In the following material, identify every line holding the string "elim" and return it.

------------------------------------

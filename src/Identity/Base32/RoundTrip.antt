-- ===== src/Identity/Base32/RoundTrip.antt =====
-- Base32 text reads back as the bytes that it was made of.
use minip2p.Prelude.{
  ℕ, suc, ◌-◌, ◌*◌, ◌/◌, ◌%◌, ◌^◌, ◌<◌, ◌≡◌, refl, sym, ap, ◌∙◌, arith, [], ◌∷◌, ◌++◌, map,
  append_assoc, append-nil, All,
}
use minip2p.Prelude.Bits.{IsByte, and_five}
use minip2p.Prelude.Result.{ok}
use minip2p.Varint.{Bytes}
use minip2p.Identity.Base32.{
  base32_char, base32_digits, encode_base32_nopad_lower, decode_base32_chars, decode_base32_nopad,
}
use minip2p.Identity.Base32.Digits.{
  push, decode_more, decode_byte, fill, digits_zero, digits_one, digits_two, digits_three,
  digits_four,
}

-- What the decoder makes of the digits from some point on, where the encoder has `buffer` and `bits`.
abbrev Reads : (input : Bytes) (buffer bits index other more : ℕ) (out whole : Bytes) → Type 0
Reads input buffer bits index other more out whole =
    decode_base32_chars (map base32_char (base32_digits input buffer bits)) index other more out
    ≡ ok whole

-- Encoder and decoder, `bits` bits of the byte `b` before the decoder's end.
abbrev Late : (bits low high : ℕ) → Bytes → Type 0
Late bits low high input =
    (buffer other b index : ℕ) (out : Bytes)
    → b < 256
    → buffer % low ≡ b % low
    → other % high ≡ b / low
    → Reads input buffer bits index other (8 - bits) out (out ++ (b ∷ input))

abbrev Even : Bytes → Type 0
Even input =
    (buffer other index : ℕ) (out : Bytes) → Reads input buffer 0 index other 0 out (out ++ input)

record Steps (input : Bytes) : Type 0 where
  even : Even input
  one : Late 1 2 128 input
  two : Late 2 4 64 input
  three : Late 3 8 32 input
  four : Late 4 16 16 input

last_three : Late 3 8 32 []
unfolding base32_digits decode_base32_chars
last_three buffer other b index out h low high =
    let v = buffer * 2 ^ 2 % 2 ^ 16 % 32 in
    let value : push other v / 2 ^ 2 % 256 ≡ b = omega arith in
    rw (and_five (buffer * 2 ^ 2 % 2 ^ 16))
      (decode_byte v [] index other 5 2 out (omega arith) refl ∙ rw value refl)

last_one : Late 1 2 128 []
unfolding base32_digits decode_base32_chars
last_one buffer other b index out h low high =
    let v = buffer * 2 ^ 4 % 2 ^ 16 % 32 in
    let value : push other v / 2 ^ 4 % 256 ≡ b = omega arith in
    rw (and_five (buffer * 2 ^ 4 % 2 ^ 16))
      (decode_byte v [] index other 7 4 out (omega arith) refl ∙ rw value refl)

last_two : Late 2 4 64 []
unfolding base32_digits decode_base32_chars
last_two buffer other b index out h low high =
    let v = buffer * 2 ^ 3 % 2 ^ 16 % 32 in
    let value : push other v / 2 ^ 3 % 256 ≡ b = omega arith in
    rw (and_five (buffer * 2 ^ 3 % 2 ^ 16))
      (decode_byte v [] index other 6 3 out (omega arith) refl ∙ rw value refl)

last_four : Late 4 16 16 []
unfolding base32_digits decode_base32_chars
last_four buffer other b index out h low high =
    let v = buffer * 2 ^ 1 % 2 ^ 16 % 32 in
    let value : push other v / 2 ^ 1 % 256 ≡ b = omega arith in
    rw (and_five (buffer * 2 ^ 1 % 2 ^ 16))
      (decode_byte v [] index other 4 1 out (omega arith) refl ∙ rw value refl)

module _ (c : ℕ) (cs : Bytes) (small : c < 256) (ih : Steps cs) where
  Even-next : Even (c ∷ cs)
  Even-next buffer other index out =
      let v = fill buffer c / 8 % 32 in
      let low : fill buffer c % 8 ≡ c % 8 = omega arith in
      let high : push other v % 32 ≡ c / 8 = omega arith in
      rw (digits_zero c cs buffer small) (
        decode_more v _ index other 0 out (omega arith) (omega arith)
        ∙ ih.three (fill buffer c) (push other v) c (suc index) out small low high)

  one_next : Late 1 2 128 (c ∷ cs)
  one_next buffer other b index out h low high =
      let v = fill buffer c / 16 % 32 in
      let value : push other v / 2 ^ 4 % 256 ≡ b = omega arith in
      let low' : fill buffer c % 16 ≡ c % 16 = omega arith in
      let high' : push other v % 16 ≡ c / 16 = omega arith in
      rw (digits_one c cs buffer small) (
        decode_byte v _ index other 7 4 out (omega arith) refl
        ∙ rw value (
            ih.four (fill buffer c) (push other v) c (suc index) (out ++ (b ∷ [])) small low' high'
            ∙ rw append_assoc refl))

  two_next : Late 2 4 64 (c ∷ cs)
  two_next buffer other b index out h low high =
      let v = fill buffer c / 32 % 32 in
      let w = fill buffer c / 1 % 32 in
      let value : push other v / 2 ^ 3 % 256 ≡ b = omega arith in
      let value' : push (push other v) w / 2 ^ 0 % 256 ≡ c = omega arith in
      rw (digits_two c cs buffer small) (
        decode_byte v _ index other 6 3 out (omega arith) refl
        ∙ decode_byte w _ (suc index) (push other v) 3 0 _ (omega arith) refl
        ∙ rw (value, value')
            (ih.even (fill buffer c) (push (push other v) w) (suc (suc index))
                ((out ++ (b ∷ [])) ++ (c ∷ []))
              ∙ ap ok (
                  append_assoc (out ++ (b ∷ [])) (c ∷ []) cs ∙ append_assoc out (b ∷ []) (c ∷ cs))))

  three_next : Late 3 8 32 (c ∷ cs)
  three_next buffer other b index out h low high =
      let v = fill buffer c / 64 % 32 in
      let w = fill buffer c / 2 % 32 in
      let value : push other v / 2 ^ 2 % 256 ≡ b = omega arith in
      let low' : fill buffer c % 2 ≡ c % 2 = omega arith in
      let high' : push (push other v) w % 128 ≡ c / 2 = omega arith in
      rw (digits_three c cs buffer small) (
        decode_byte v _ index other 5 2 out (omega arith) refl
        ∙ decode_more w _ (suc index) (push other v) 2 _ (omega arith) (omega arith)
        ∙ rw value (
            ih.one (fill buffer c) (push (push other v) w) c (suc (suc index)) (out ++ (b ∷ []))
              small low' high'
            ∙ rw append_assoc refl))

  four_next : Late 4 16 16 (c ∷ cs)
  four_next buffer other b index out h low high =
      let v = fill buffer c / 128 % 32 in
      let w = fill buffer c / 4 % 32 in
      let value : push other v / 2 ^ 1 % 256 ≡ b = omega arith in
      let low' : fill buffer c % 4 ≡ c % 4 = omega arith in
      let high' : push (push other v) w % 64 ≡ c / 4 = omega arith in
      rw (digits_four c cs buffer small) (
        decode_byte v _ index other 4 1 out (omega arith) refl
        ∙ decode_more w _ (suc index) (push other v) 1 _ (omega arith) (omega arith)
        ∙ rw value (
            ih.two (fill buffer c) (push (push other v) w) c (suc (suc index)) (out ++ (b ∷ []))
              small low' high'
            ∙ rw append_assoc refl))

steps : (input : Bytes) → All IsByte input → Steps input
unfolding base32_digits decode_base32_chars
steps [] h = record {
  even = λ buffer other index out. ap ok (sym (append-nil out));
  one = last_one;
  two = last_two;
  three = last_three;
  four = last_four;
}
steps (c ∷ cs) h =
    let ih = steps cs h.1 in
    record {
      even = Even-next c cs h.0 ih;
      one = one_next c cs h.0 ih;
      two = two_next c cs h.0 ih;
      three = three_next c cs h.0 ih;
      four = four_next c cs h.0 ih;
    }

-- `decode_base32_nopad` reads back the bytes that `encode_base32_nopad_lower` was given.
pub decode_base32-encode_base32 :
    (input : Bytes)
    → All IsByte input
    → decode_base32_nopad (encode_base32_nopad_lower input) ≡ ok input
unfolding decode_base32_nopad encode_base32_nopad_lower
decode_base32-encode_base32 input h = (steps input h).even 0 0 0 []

------------------------------------

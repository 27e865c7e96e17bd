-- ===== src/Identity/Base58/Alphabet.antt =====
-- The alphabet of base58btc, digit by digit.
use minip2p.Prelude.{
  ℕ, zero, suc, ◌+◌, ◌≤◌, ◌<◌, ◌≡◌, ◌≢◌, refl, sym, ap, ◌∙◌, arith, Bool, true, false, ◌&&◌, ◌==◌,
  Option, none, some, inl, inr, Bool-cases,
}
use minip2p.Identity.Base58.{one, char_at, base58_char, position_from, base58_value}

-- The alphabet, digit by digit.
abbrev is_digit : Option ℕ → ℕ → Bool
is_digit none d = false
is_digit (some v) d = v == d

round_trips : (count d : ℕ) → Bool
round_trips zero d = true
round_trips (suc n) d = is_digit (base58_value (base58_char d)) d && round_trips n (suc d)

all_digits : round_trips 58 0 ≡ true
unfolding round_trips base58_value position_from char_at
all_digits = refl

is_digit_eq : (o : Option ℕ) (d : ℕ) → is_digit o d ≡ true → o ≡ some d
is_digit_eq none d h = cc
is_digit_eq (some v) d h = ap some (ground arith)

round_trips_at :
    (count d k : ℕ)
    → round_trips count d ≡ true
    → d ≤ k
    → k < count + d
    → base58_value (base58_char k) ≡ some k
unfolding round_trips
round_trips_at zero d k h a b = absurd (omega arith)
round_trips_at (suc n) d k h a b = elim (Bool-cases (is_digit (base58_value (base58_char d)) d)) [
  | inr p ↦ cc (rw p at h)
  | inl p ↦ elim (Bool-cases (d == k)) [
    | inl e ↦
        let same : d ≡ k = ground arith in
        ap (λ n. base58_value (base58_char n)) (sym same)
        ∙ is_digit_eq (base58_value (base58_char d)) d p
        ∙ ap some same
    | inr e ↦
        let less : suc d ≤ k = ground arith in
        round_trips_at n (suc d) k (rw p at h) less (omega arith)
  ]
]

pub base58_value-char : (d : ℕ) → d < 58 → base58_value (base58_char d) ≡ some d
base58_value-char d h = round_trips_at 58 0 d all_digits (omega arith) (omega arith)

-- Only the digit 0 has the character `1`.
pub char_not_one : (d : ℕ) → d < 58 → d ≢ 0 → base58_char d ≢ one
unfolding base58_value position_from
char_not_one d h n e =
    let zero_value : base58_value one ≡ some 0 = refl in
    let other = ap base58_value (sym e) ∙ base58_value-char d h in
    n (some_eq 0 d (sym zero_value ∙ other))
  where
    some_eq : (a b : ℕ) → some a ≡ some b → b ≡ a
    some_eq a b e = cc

------------------------------------

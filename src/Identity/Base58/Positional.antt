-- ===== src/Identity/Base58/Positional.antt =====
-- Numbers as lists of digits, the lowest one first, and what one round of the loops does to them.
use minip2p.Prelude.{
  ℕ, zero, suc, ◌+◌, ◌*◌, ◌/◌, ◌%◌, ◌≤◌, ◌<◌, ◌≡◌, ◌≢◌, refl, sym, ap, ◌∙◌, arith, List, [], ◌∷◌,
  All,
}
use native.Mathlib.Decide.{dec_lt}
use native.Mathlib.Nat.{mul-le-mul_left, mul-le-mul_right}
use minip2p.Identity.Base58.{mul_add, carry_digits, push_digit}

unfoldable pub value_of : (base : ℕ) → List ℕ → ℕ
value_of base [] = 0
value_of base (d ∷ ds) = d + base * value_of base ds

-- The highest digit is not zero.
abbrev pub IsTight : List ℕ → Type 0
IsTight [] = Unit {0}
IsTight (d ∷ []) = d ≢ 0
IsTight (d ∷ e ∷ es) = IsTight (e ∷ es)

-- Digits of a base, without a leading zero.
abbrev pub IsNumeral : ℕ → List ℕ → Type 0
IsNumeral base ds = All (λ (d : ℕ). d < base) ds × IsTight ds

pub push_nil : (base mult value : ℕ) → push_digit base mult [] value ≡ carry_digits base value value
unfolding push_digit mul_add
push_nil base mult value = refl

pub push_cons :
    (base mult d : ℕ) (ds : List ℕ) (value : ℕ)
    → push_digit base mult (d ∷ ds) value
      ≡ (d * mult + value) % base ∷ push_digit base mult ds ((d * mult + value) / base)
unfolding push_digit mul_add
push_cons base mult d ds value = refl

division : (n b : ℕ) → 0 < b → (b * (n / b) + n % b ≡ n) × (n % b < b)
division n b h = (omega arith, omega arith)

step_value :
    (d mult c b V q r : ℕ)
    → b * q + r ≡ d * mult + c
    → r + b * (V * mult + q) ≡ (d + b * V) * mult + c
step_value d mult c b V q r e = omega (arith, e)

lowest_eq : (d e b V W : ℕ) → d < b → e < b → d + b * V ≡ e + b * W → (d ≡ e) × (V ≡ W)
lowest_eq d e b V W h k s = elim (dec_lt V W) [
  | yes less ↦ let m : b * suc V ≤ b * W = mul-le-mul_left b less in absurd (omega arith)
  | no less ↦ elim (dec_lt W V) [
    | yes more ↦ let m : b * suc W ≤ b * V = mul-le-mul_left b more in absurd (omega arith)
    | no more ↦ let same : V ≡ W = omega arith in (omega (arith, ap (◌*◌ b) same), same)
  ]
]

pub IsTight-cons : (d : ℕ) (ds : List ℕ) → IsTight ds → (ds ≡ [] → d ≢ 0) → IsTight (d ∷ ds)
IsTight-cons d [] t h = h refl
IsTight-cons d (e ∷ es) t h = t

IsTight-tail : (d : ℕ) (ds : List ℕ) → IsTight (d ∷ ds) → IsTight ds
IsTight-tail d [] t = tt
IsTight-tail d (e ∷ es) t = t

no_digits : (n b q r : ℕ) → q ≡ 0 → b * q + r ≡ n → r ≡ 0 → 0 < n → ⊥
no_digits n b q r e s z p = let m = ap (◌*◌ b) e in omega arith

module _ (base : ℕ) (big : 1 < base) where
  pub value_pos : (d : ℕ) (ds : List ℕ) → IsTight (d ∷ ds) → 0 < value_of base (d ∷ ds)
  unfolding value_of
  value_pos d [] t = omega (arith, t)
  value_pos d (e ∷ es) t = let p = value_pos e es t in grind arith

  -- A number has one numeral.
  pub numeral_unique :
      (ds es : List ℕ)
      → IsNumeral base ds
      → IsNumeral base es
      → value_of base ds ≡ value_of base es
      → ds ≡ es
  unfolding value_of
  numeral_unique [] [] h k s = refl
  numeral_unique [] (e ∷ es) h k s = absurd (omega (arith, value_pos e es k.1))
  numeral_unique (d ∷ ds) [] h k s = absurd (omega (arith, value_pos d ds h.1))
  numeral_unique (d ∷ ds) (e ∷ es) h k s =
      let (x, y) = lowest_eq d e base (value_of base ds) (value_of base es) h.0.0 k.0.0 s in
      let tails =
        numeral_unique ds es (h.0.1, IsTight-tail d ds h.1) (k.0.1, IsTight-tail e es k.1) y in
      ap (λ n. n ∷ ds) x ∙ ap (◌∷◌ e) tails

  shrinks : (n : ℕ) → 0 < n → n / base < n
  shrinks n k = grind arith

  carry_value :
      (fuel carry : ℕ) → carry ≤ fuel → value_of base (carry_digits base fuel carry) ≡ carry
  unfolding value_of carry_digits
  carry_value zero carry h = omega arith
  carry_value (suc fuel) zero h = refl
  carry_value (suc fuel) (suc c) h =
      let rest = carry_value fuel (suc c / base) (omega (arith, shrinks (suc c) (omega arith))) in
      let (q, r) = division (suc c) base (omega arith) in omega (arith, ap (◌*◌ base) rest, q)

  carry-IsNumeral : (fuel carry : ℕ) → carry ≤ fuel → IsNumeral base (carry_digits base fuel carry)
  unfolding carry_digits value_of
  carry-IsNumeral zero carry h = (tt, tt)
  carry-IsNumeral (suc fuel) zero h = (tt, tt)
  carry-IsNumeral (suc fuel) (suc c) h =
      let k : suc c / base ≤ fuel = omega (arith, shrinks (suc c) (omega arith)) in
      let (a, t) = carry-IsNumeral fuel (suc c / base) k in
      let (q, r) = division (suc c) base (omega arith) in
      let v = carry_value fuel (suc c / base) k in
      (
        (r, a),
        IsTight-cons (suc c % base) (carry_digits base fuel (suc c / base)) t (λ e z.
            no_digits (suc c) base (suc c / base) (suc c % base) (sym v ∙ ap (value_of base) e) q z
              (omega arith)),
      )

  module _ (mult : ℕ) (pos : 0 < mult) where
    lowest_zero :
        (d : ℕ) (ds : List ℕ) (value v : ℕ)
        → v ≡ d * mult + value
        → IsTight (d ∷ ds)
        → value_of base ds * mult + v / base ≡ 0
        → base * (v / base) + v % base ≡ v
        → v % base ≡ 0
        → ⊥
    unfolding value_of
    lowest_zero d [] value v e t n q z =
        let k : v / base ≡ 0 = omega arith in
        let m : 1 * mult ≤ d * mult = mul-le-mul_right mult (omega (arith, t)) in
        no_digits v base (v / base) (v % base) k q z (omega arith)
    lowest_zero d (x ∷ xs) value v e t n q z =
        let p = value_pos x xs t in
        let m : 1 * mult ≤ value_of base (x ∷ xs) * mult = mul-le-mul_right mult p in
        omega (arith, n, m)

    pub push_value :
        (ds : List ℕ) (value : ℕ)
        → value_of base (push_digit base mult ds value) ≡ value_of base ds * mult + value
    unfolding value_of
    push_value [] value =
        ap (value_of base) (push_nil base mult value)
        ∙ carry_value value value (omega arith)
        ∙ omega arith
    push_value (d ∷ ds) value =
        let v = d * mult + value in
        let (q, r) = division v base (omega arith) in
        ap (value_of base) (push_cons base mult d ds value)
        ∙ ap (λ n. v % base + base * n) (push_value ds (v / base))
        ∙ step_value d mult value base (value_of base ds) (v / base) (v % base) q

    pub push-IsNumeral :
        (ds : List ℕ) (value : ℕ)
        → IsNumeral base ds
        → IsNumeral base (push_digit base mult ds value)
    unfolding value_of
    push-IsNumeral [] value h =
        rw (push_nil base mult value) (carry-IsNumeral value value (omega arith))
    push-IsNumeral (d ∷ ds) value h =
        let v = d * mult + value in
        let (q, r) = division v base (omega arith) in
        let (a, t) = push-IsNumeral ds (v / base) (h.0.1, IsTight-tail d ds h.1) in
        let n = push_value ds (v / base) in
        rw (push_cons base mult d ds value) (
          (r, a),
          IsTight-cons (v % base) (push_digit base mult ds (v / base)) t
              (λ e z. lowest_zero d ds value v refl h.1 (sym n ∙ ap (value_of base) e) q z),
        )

------------------------------------

OUTPUT FOR THIS EXERCISE -
round_trips_at (suc n) d k h a b = elim (Bool-cases (is_digit (base58_value (base58_char d)) d)) [
  | inl p ↦ elim (Bool-cases (d == k)) [
lowest_eq d e b V W h k s = elim (dec_lt V W) [
  | no less ↦ elim (dec_lt W V) [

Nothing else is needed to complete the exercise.